-- ===== src/Multipart/Progress.antt =====
-- src/server/FastCgiServer.cpp: the loop of `parseMultipartFormData` ends.
use fileagent_server.Base.{
  ℕ, zero, suc, ◌+◌, ◌≤◌, ◌<◌, ◌≡◌, refl, arith, List, [], ◌++◌, some, length, Option-cases, inl,
  inr,
}
use fileagent_server.Base.Bytes.{Bytes, codes}
use fileagent_server.Multipart.{
  MultipartFile, and_then, crlf, between, find_from, file_of, end_of, part_start, parts_from,
  parse_multipart_form_data,
}
use fileagent_server.Multipart.Search.{find_from-bounds}

-- A part begins behind the position, and within the body.
part_start-bounds :
    (delim body : Bytes) (pos start : ℕ)
    → part_start delim body pos ≡ some start
    → (pos + 2 ≤ start) × (start ≤ length body)
unfolding part_start
part_start-bounds delim body pos start h = elim (Option-cases (find_from delim pos body)) [
  | inl n ↦ absurd (ground (arith, n, h))
  | inr (d, e) ↦ elim (Option-cases (find_from crlf d body)) [
    | inl n ↦ absurd (ground (arith, n, e, h))
    | inr (l, f) ↦
        let at = find_from-bounds delim pos d body e in
        let eol = find_from-bounds crlf d l body f in ground (arith, at, eol, e, f, h)
  ]
]

end_of-bounds :
    (delim body : Bytes) (start : ℕ)
    → start ≤ length body
    → (start ≤ end_of delim body start) × (end_of delim body start ≤ length body)
unfolding end_of
end_of-bounds delim body start h = elim (Option-cases (find_from (crlf ++ delim) start body)) [
  | inr (i, e) ↦ let at = find_from-bounds (crlf ++ delim) start i body e in ground (arith, at, e)
  | inl n ↦ elim (Option-cases (find_from (delim ++ codes "--") start body)) [
    | inr (i, e) ↦
        let at = find_from-bounds (delim ++ codes "--") start i body e in ground (arith, at, n, e)
    | inl m ↦ ground (arith, n, m, h)
  ]
]

parts_from-ends :
    (fuel : ℕ) (delim body : Bytes) (pos : ℕ)
    → pos ≤ length body
    → length body < fuel + pos
    → (files : List MultipartFile) × (parts_from fuel delim body pos ≡ some files)
unfolding parts_from
parts_from-ends zero delim body pos a b = absurd (omega (arith, a, b))
parts_from-ends (suc fuel) delim body pos a b = elim (Option-cases (part_start delim body pos)) [
  | inl n ↦ ([], rw (n, parts_from) refl)
  | inr (start, e) ↦
      let (later, inside) = part_start-bounds delim body pos start e in
      let (on, within) = end_of-bounds delim body start inside in
      let end = end_of delim body start in
      let (files, rest) =
        parts_from-ends fuel delim body end within (omega (arith, later, on, b)) in
      (and_then (file_of (between start end body)) files, rw (e, parts_from, rest) refl)
]

-- For every body and boundary the loop ends: it makes at most one round for each byte, and one more.
pub parse_multipart_form_data-ends :
    (body boundary : Bytes)
    → (files : List MultipartFile) × (parse_multipart_form_data body boundary ≡ some files)
unfolding parse_multipart_form_data
parse_multipart_form_data-ends body boundary =
    parts_from-ends (suc (length body)) (codes "--" ++ boundary) body 0 (omega arith) (omega arith)
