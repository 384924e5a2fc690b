-- ===== src/Multipart/Tests.antt =====
-- Runs of `parseMultipartFormData`, and its theorem at a concrete body.
use fileagent_server.Base.{◌≡◌, refl, List, [], ◌∷◌, ◌++◌, some}
use fileagent_server.Base.Bytes.{Bytes, codes}
use fileagent_server.Multipart.{
  MultipartFile, crlf, find_in, find_from, strip_crlf, filename_of, skip_blanks, content_type_of,
  file_of, end_of, part_start, parts_from, parse_multipart_form_data,
}
use fileagent_server.Multipart.Progress.{parse_multipart_form_data-ends}

-- One file of a body with the boundary "B".
abbrev part : Bytes → Bytes → Bytes
part headers content = codes "--B" ++ crlf ++ headers ++ crlf ++ crlf ++ content ++ crlf

abbrev one_file : Bytes
one_file =
    part
      (codes "Content-Type: text/plain"
        ++ crlf
        ++ codes "Content-Disposition: form-data; filename=\"a.txt\"")
      (codes "text")
    ++ codes "--B--"

abbrev parsed : Bytes → Bytes → Bytes → MultipartFile
parsed filename content_type content = record {
  filename = filename;
  content_type = content_type;
  content = content;
}

one_file_runs :
    parse_multipart_form_data one_file (codes "B")
    ≡ some (parsed (codes "a.txt") (codes "text/plain") (codes "text") ∷ [])
unfolding parse_multipart_form_data parts_from part_start end_of file_of content_type_of skip_blanks
    filename_of strip_crlf find_from find_in
one_file_runs = refl

-- The last line break of a file's own content is lost, and so is a content type in the last header.
line_lost :
    parse_multipart_form_data
      (part
          (codes "filename=\"a\"" ++ crlf ++ codes "Content-Type: text/plain")
          (codes "text" ++ crlf)
        ++ codes "--B--")
      (codes "B")
    ≡ some (parsed (codes "a") [] (codes "text") ∷ [])
unfolding parse_multipart_form_data parts_from part_start end_of file_of content_type_of skip_blanks
    filename_of strip_crlf find_from find_in
line_lost = refl

parse_multipart_form_data-ends_example :
    (files : List MultipartFile) × (parse_multipart_form_data one_file (codes "B") ≡ some files)
parse_multipart_form_data-ends_example = parse_multipart_form_data-ends one_file (codes "B")
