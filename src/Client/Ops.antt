-- ===== src/Client/Ops.antt =====
-- outback/outback_client_numa.hh: search, put, update and remove on shared memory. Each works under
-- the lock byte of its row, so that it is one step.
use outback_cxl_numa.Base.{
  ℕ, zero, suc, ◌+◌, ◌%◌, ◌^◌, Option, none, some, List, [], ◌==◌, if◌then◌else◌, update,
}
use outback_cxl_numa.Ludo.{Ludo}
use outback_cxl_numa.Slot.{slots_num_bucket, read_addr, write_addr, remove_addr, check_slots}
use outback_cxl_numa.Packed.{sizeof_val, read_key, update_data, remove_data_with_key_check}
use outback_cxl_numa.Registry.Lanes.{alloc_remote_data_slot}
use outback_cxl_numa.Resize.{Region}
use outback_cxl_numa.Server.{first_free, seed_slot}
use outback_cxl_numa.Client.{ClientEnv, Client, or_else, maybe_check_version}

-- The scan of the row's other slots from slot `s` on, with `n` left. Address 0 is skipped.
unfoldable pub makeup_get : Region → ℕ → ℕ → ℕ → ℕ → ℕ → Option ℕ
unfolding read_addr read_key
makeup_get g key row slot zero s = none
makeup_get g key row slot (suc n) s =
    let rest = makeup_get g key row slot n (s + 1) in
    let a = read_addr g.buckets row s in
    if s == slot
    then rest
    else if a == 0
    then rest
    else if read_key g.packed a == key
    then some (g.packed.raw_array a).value
    else rest

-- The search in the region that the client sees.
unfoldable pub search_region : Region → ℕ → ℕ × ℕ → Option ℕ
unfolding makeup_get
search_region g key (row, slot) =
    let addr = read_addr g.buckets row slot in
    if read_key g.packed addr == key
    then some (g.packed.raw_array addr).value
    else makeup_get g key row slot slots_num_bucket 0

-- A new entry from the client's lane, unless `remote_registry` is null or the array is used up.
unfoldable pub alloc : Client → Option ℕ × Client
alloc c =
    let (got, reg) = alloc_remote_data_slot c.shared c.lane_id in
    if c.attached then (got, record c { shared = reg }) else (none, c)

abbrev pub set_region : Client → ℕ → Region → Client
set_region c v g = record c { regions = update c.regions v g }

unfoldable pub put_same : Client → ℕ → ℕ → ℕ → ℕ → ℕ → Client
put_same c v key val row slot =
    let g = c.regions v in
    let addr = read_addr g.buckets row slot in
    if read_key g.packed addr == key
    then set_region c v (record g { packed = update_data g.packed addr key 64 val })
    else c

-- The row is full: the slot's entry is overwritten, and the row's seed, a byte, goes up.
unfoldable pub put_over : Client → ℕ → ℕ → ℕ → ℕ → ℕ → Client
put_over c v key val row slot =
    let g = c.regions v in
    let addr = read_addr g.buckets row slot in
    record (set_region c v (record g { packed = update_data g.packed addr key 64 val })) {
      seeds = update c.seeds row ((c.seeds row + 1) % 2 ^ 8);
    }

-- The guard of the three writers: a view and a lock are there.
unfoldable pub with_region : (Client → ℕ → Client) → Client → Client
with_region f c = elim (or_else c.view c.remote_view) [
  | none ↦ c
  | some v ↦ elim (or_else c.lock c.remote_lock) [ none ↦ c | some l ↦ f c v ]
]

module _ (ludo : Ludo) where
  -- The search in whatever region the client has.
  unfoldable pub search_held : ℕ → Client → Option ℕ × Client
  unfolding search_region
  search_held key c = elim (or_else c.view c.remote_view) [
    | none ↦ (none, c)
    | some v ↦ (search_region (c.regions v) key (ludo.lookup_slot c.seeds key), c)
  ]

  unfoldable pub numa_search : ClientEnv → Client → ℕ → Option ℕ × Client
  unfolding search_held maybe_check_version
  numa_search env c key = search_held key (maybe_check_version env c)

  -- A new entry whose address goes to slot `t` of the row, if one could be had.
  unfoldable pub put_new : Client → ℕ → ℕ → ℕ → ℕ → ℕ → Client
  unfolding alloc
  put_new c v key val row t =
      let (got, c') = alloc c in
      elim got [
        | none ↦ c'
        | some idx ↦
            let g = c'.regions v in
            set_region c' v (record {
              buckets = write_addr ludo g.buckets key row t idx 64;
              packed = update_data g.packed idx key sizeof_val val;
            })
      ]

  unfoldable pub put_any : Client → ℕ → ℕ → ℕ → ℕ → Client
  unfolding put_new
  put_any c v key val row = elim (first_free ludo (c.regions v).buckets key row) [
    | none ↦ c
    | some t ↦ put_new c v key val row t
  ]

  unfoldable pub put_status : Client → ℕ → ℕ → ℕ → ℕ → ℕ → ℕ → Client
  unfolding put_new put_same put_any put_over
  put_status c v key val row slot status =
      if status == 0
      then put_new c v key val row slot
      else if status == 1
      then put_same c v key val row slot
      else if status == 2
      then put_any c v key val row
      else if status == 3
      then put_over c v key val row slot
      else c

  unfoldable pub put_region : Client → ℕ → ℕ → ℕ → Client
  unfolding put_status seed_slot
  put_region c v key val =
      let row = (ludo.lookup_slot c.seeds key).0 in
      let slot = seed_slot ludo c.seeds row key in
      put_status c v key val row slot (check_slots ludo (c.regions v).buckets key row slot)

  unfoldable pub update_region : Client → ℕ → ℕ → ℕ → Client
  unfolding put_same
  update_region c v key val =
      let (row, slot) = ludo.lookup_slot c.seeds key in put_same c v key val row slot

  unfoldable pub remove_region : Client → ℕ → ℕ → Client
  remove_region c v key =
      let (row, slot) = ludo.lookup_slot c.seeds key in
      let g = c.regions v in
      let (res, packed) = remove_data_with_key_check g.packed (read_addr g.buckets row slot) key in
      set_region c v (record {
        packed = packed;
        buckets = if res then remove_addr g.buckets row slot else g.buckets;
      })

  unfoldable pub numa_put : ClientEnv → Client → ℕ → ℕ → Client
  unfolding with_region put_region maybe_check_version
  numa_put env c key val = with_region (λ c' v. put_region c' v key val) (maybe_check_version env c)

  unfoldable pub numa_update : ClientEnv → Client → ℕ → ℕ → Client
  unfolding with_region update_region maybe_check_version
  numa_update env c key val =
      with_region (λ c' v. update_region c' v key val) (maybe_check_version env c)

  unfoldable pub numa_remove : ClientEnv → Client → ℕ → Client
  unfolding with_region remove_region maybe_check_version
  numa_remove env c key = with_region (λ c' v. remove_region c' v key) (maybe_check_version env c)

unfoldable pub numa_scan : ℕ → ℕ → List ℕ
numa_scan key n = []
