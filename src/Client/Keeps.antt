-- ===== src/Client/Keeps.antt =====
-- outback/outback_client_numa.hh, `numa_put`: the fields that it leaves alone.
use outback_cxl_numa.Base.{
  ℕ, ◌%◌, ◌≡◌, ◌⊎◌, inl, inr, refl, sym, ◌∙◌, false, ltb, Option, ◌==◌, if_cases, ==_iff,
  Bool-cases, Option-cases,
}
use outback_cxl_numa.Ludo.{Ludo}
use outback_cxl_numa.Slot.{read_addr, check_slots}
use outback_cxl_numa.Packed.{read_key}
use outback_cxl_numa.Registry.Lanes.{alloc_remote_data_slot, lanes_of}
use outback_cxl_numa.Registry.{Registry, current_epoch}
use outback_cxl_numa.Server.{first_free, seed_slot}
use outback_cxl_numa.Client.{ClientEnv, Client, maybe_check_version}
use outback_cxl_numa.Client.Ops.{
  alloc, put_new, put_same, put_any, put_over, put_status, put_region,
}

-- Nothing new to see for the client: it stays in its region.
abbrev pub IsCurrent : Client → Type 0
IsCurrent c = (c.attached ≡ false) ⊎ (c.shared.generation ≡ c.local_generation)

pub maybe_check_version-same :
    (env : ClientEnv) (c : Client) → IsCurrent c → maybe_check_version env c ≡ c
unfolding maybe_check_version
maybe_check_version-same env c (inl e) = rw e
maybe_check_version-same env c (inr e) = elim (Bool-cases c.attached) [
  | inl a ↦ rw (a, (==_iff _ _).1 e)
  | inr a ↦ rw a
]

module _ (ludo : Ludo) (c : Client) (v key val : ℕ) where
  -- What a put leaves alone.
  abbrev pub Keeps : Client → Type 0
  Keeps c' =
      (c'.attached ≡ c.attached)
      × (c'.shared.generation ≡ c.shared.generation)
      × (c'.local_generation ≡ c.local_generation)
      × (c'.view ≡ c.view)
      × (c'.remote_view ≡ c.remote_view)

  alloc_slot-generation :
      (alloc_remote_data_slot c.shared c.lane_id).1.generation ≡ c.shared.generation
  unfolding alloc_remote_data_slot
  alloc_slot-generation =
      if_cases (λ (r : Option ℕ × Registry). r.1.generation ≡ c.shared.generation)
        (ltb (c.shared.lane_next_free_index (c.lane_id % lanes_of c.shared))
          (current_epoch c.shared).num_data_entries)
        (λ _. refl) (λ _. refl)

  alloc-Keeps : Keeps (alloc c).1
  unfolding alloc
  alloc-Keeps =
      if_cases (λ (r : Option ℕ × Client). Keeps r.1) c.attached
        (λ _. (refl, alloc_slot-generation, refl, refl, refl)) (λ _. (refl, refl, refl, refl, refl))

  put_new-Keeps : (row t : ℕ) → Keeps (put_new ludo c v key val row t)
  unfolding put_new
  put_new-Keeps row t = elim (Option-cases (alloc c).0) [
    | inl e ↦ rw (e, put_new) alloc-Keeps
    | inr (idx, e) ↦ rw (e, put_new) alloc-Keeps
  ]

  put_any-Keeps : (row : ℕ) → Keeps (put_any ludo c v key val row)
  unfolding put_any
  put_any-Keeps row = elim (Option-cases (first_free ludo (c.regions v).buckets key row)) [
    | inl e ↦ rw (e, put_any) (refl, refl, refl, refl, refl)
    | inr (t, e) ↦ rw (e, put_any) (put_new-Keeps row t)
  ]

  pub put_region-Keeps : Keeps (put_region ludo c v key val)
  unfolding put_region put_status put_same put_over
  put_region-Keeps =
      let row = (ludo.lookup_slot c.seeds key).0 in
      let slot = seed_slot ludo c.seeds row key in
      let status = check_slots ludo (c.regions v).buckets key row slot in
      if_cases Keeps (status == 0) (λ _. put_new-Keeps row slot)
        (λ _.
          if_cases Keeps (status == 1)
            (λ _.
              if_cases Keeps
                (read_key (c.regions v).packed (read_addr (c.regions v).buckets row slot) == key)
                (λ _. (refl, refl, refl, refl, refl)) (λ _. (refl, refl, refl, refl, refl)))
            (λ _.
              if_cases Keeps (status == 2) (λ _. put_any-Keeps row)
                (λ _.
                  if_cases Keeps (status == 3) (λ _. (refl, refl, refl, refl, refl))
                    (λ _. (refl, refl, refl, refl, refl)))))

  pub Keeps-IsCurrent : (c' : Client) → Keeps c' → IsCurrent c → IsCurrent c'
  Keeps-IsCurrent c' (a, g, l, _, _) (inl e) = inl (a ∙ e)
  Keeps-IsCurrent c' (a, g, l, _, _) (inr e) = inr (g ∙ e ∙ sym l)
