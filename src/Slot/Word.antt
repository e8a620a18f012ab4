-- ===== src/Slot/Word.antt =====
-- outback/ludo_slot.hh: the fields of a slot word.
use outback_cxl_numa.Base.{ℕ, ◌+◌, ◌%◌, ◌^◌, ◌<◌, ◌≡◌, arith}
use outback_cxl_numa.Slot.{combine, to_cachebit, to_finger, to_length, to_addr}

-- Every field is read back as written, cut to its width, and the word fits 64 bits.
pub combine_fields :
    (finger length addr : ℕ)
    → (combine finger length addr < 2 ^ 64)
      × (to_cachebit (combine finger length addr) ≡ 1)
      × (to_finger (combine finger length addr) ≡ finger % 2 ^ 7)
      × (to_length (combine finger length addr) ≡ length % 2 ^ 16)
      × (to_addr (combine finger length addr) ≡ addr % 2 ^ 40)
unfolding combine to_cachebit to_finger to_length to_addr
combine_fields f l a = omega arith

-- A word with its flag set is determined by its three fields.
pub combine_eta :
    (word : ℕ)
    → word < 2 ^ 64
    → to_cachebit word ≡ 1
    → combine (to_finger word) (to_length word) (to_addr word) ≡ word
unfolding combine to_cachebit to_finger to_length to_addr
combine_eta w h c = omega arith

pub to_length-combine :
    (finger length addr : ℕ) → to_length (combine finger length addr) ≡ length % 2 ^ 16
to_length-combine f l a = (combine_fields f l a).3

pub to_finger-combine :
    (finger length addr : ℕ) → to_finger (combine finger length addr) ≡ finger % 2 ^ 7
to_finger-combine f l a = (combine_fields f l a).2

pub to_addr-combine :
    (finger length addr : ℕ) → to_addr (combine finger length addr) ≡ addr % 2 ^ 40
to_addr-combine f l a = (combine_fields f l a).4

pub to_cachebit-combine : (finger length addr : ℕ) → to_cachebit (combine finger length addr) ≡ 1
to_cachebit-combine f l a = (combine_fields f l a).1

pub combine-set_bit :
    (finger length addr : ℕ)
    → 2 ^ 63 + combine finger length addr % 2 ^ 63 ≡ combine finger length addr
unfolding combine
combine-set_bit f l a = omega arith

| Problem to solve |
Determine how many lines of the records above hold the word "regions" and give the number with nothing added.

| Solution for this exercise |
11